The input Block Start

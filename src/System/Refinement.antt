-- ===== src/System/Refinement.antt =====
-- The wired program refines its aggregator alone.
use daemon_choir.Base.{
  ◌==◌, ℕ, ◌≡◌, refl, sym, subst, Bool, Option, none, some, Option-cases, inl, inr, List, [], ◌++◌,
  get_elem?,
}
use daemon_choir.Float.{F64}
use daemon_choir.Config.{Config, MappingRule}
use daemon_choir.Events.{RawEvent}
use daemon_choir.Metrics.{StateSnapshot}
use daemon_choir.Sync.{RwLock, Sender, Receiver, IsMpsc, IsFifo}
use daemon_choir.Probes
use daemon_choir.Probes.{Aya, start}
use daemon_choir.Aggregator
use daemon_choir.Aggregator.{Aggregator, Flow, Input}
use daemon_choir.Aggregator.Alone.{Sink, sink, sink_sender, alone, taken}
use daemon_choir.Mapping.{MappedParam, MappingEngine, Next, map_snapshot}
use daemon_choir.Osc.{World}
use daemon_choir.Db.{Sqlite}
use daemon_choir.Api.{serve}
use daemon_choir.Api.Kept.{route-current_snapshot}
use daemon_choir.System.Start.{Sockets, first_snapshot, launched, started, wired, launch}
use daemon_choir.System.Launched.{launched-eq}
use daemon_choir.System.Safety.{performs, Reach, here, then_step}
use daemon_choir.System.Log.{Log, quiet, joined, round_log, run_log}
use daemon_choir.Within.{IsWithin, done}
use daemon_choir.System.Trace.{
  Traced, TracedAfter, probe-Traced, ringbuf-Traced, tick-Traced, receiving-Traced, same-Traced,
}
use daemon_choir.System.{
  System, Action, probe_sends, ringbuf_receives, insertion_runs, aggregator_receives,
  aggregator_ticks, snapshot_stored, mapping_receives, osc_receives, api_serves, purge_runs,
  perform, insertion_round, storing_round, mapping_round, after_mapping, osc_round, engine_of,
}

module _ {F Raw Snap Par Packet Conn : Type 0} ⦃f : F64 F⦄ ⦃raw_tx : Sender RawEvent Raw⦄
    ⦃raw_rx : Receiver RawEvent Raw⦄ ⦃snap_tx : Sender (StateSnapshot F) Snap⦄
    ⦃snap_rx : Receiver (StateSnapshot F) Snap⦄ ⦃par_tx : Sender (List (MappedParam F)) Par⦄
    ⦃par_rx : Receiver (List (MappedParam F)) Par⦄ (a0 : Aggregator F Sink Sink) where
  insertion-Traced :
      (l : Log) (sql : Sqlite F Conn) (s : System F Raw Snap Par Packet Conn) (i : ℕ)
      → Traced a0 l s
      → TracedAfter a0 (joined l quiet) (insertion_round sql s i)
  unfolding insertion_round
  insertion-Traced l sql s i h = elim (Option-cases (get_elem? s.consumer.insertions i)) [
    | inl q ↦ rw (q, insertion_round) tt
    | inr (event, q) ↦ rw (q, insertion_round) (same-Traced a0 l s _ refl refl refl refl h)
  ]

  storing-Traced :
      (l : Log) (sql : Sqlite F Conn) (s : System F Raw Snap Par Packet Conn) (d : Option Snap)
      → Traced a0 l s
      → TracedAfter a0 (joined l quiet) (storing_round sql s d)
  unfolding storing_round
  storing-Traced l sql s none h = tt
  storing-Traced l sql s (some db_tx) h = elim (Option-cases (snap_rx.recv db_tx)) [
    | inl q ↦ rw (q, storing_round) tt
    | inr ((snapshot, db_tx'), q) ↦
        rw (q, storing_round) (same-Traced a0 l s _ refl refl refl refl h)
  ]

  mapped-Traced :
      (l : Log) (s : System F Raw Snap Par Packet Conn) (tx' : Snap)
      (n : Next (MappingEngine F Par))
      → Traced a0 l s
      → TracedAfter a0 (joined l quiet) (after_mapping s tx' n)
  mapped-Traced l s tx' (Next.goes_on m) h = same-Traced a0 l s _ refl refl refl refl h
  mapped-Traced l s tx' (Next.exits m) h = tt
  mapped-Traced l s tx' Next.panics h = tt

  mapping-Traced :
      (l : Log) (s : System F Raw Snap Par Packet Conn) (o : Option (StateSnapshot F × Snap))
      → Traced a0 l s
      → TracedAfter a0 (joined l quiet) (mapping_round s o)
  unfolding mapping_round
  mapping-Traced l s none h = tt
  mapping-Traced l s (some (snapshot, tx')) h =
      mapped-Traced l s tx' (map_snapshot (engine_of s) snapshot) h

  osc-Traced :
      (l : Log) (s : System F Raw Snap Par Packet Conn) (w : World F Packet)
      (o : Option (List (MappedParam F) × Par))
      → Traced a0 l s
      → TracedAfter a0 (joined l quiet) (osc_round s w o)
  unfolding osc_round
  osc-Traced l s w none h = tt
  osc-Traced l s w (some (ps, params')) h = same-Traced a0 l s _ refl refl refl refl h

  module _ (raw_laws : IsMpsc RawEvent Raw) (raw_fifo : IsFifo RawEvent Raw)
      (sql : Sqlite F Conn) where
    perform-Traced :
        (l : Log) (s : System F Raw Snap Par Packet Conn) (a : Action F Packet)
        → Traced a0 l s
        → TracedAfter a0 (joined l (round_log s a)) (perform sql s a)
    unfolding perform serve
    perform-Traced l s (probe_sends i e now_us) h = probe-Traced a0 l raw_laws s i e now_us h
    perform-Traced l s ringbuf_receives h = ringbuf-Traced a0 l raw_laws raw_fifo s _ refl h
    perform-Traced l s (insertion_runs i) h = insertion-Traced l sql s i h
    perform-Traced l s aggregator_receives h = receiving-Traced a0 l raw_fifo s _ refl h
    perform-Traced l s (aggregator_ticks now_us) h = tick-Traced a0 l s now_us h
    perform-Traced l s snapshot_stored h = storing-Traced l sql s _ h
    perform-Traced l s mapping_receives h = mapping-Traced l s _ h
    perform-Traced l s (osc_receives w) h = osc-Traced l s w _ h
    perform-Traced l s (api_serves (request, elapsed_ms)) h =
        same-Traced a0 l s _ refl (route-current_snapshot sql request s.app) refl refl h
    perform-Traced l s (purge_runs now_us) h = same-Traced a0 l s _ refl refl refl refl h

    Reach-Traced :
        (Good : MappingRule F → Type 0) {s t : System F Raw Snap Par Packet Conn}
        → Traced a0 quiet s
        → (r : Reach sql Good s t) → Traced a0 (run_log r) t
    Reach-Traced Good h here = h
    Reach-Traced Good h (then_step {t} r (performs a ok e)) =
        subst (TracedAfter a0 (joined (run_log r) (round_log t a))) e
          (perform-Traced (run_log r) t a (Reach-Traced Good h r))

-- the aggregator that the configuration asks for, without its channels
abbrev pub configured : {F : Type 0} ⦃f : F64 F⦄ → Config F → Aggregator F Sink Sink
configured config =
    Aggregator.new sink none config.daemon.window_ms (RwLock.healthy (first_snapshot config)) 0 0

module _ {F Raw Snap Par Packet Conn Bpf Program : Type 0} ⦃f : F64 F⦄
    ⦃raw_tx : Sender RawEvent Raw⦄ ⦃raw_rx : Receiver RawEvent Raw⦄
    ⦃snap_tx : Sender (StateSnapshot F) Snap⦄ ⦃snap_rx : Receiver (StateSnapshot F) Snap⦄
    ⦃par_tx : Sender (List (MappedParam F)) Par⦄ ⦃par_rx : Receiver (List (MappedParam F)) Par⦄
    (raw_laws : IsMpsc RawEvent Raw) (raw_fifo : IsFifo RawEvent Raw) (sql : Sqlite F Conn)
    (aya : Aya Bpf Program) where
  wired-Traced :
      (config : Config F) (simulate : Bool) (opened : Option Conn)
      → Traced {Raw = Raw} {Snap = Snap} {Par = Par}
          (configured config)
          quiet
          (wired Packet sql aya config simulate opened)
  unfolding wired started start Probes.new Aggregator.new Aggregator.run
  wired-Traced config simulate opened = record {
    runs = refl;
    shown = refl;
    in_order = sym (raw_fifo.channel_empty 2048);
    forwarded = subst (λ l. IsWithin l []) (sym (raw_fifo.channel_empty 2048)) done;
  }

  launched-Traced :
      (config : Config F) (simulate : Bool) (opened : Option Conn) (bind : Sockets)
      {s : System F Raw Snap Par Packet Conn}
      → launch Packet sql aya config simulate opened bind ≡ launched s
      → Traced (configured config) quiet s
  unfolding launch
  launched-Traced config simulate opened bind {s} e =
      subst (Traced (configured config) quiet)
        (launched-eq (config.daemon.control_api_port == 0) bind.udp
          (bind.tcp config.daemon.control_api_port) (wired Packet sql aya config simulate opened) s
          e)
        (wired-Traced config simulate opened)

  -- For channels that behave as documented: whatever the order of the tasks' rounds since the launch, the
  -- aggregator's state but for its channels is what the aggregator of the configuration, alone, has
  -- after the ticks, the losses and the events of the run in their order, and the API shows the
  -- snapshot of that aggregator. The events that the probes got into their channel are those that
  -- the ring buffer's task took, followed by those still in it; and what the aggregator took or will
  -- take from its own channel are events that the ring buffer's task took, in the same order, none twice.
  pub launch-refines :
      (Good : MappingRule F → Type 0) (config : Config F) (simulate : Bool) (opened : Option Conn)
      (bind : Sockets) {s t : System F Raw Snap Par Packet Conn}
      → launch Packet sql aya config simulate opened bind ≡ launched s
      → (r : Reach sql Good s t)
      → (Aggregator.run (configured config) (run_log r).inputs ≡ Flow.running (alone t.aggregator))
        × (t.app.current_snapshot ≡ (alone t.aggregator).shared_state)
        × ((run_log r).delivered ≡ (run_log r).handled ++ raw_tx.queued t.raw)
        × IsWithin
            (taken (run_log r).inputs ++ raw_tx.queued t.consumer.aggregator_tx)
            (run_log r).handled
  launch-refines Good config simulate opened bind e r =
      let h =
        Reach-Traced (configured config) raw_laws raw_fifo sql Good
          (launched-Traced config simulate opened bind e) r in
      (h.runs, h.shown, h.in_order, h.forwarded)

The input Block End

Where a line of the material above holds the string "cases", copy that line.

  ◌==◌, ℕ, ◌≡◌, refl, sym, subst, Bool, Option, none, some, Option-cases, inl, inr, List, [], ◌++◌,
  insertion-Traced l sql s i h = elim (Option-cases (get_elem? s.consumer.insertions i)) [
  storing-Traced l sql s (some db_tx) h = elim (Option-cases (snap_rx.recv db_tx)) [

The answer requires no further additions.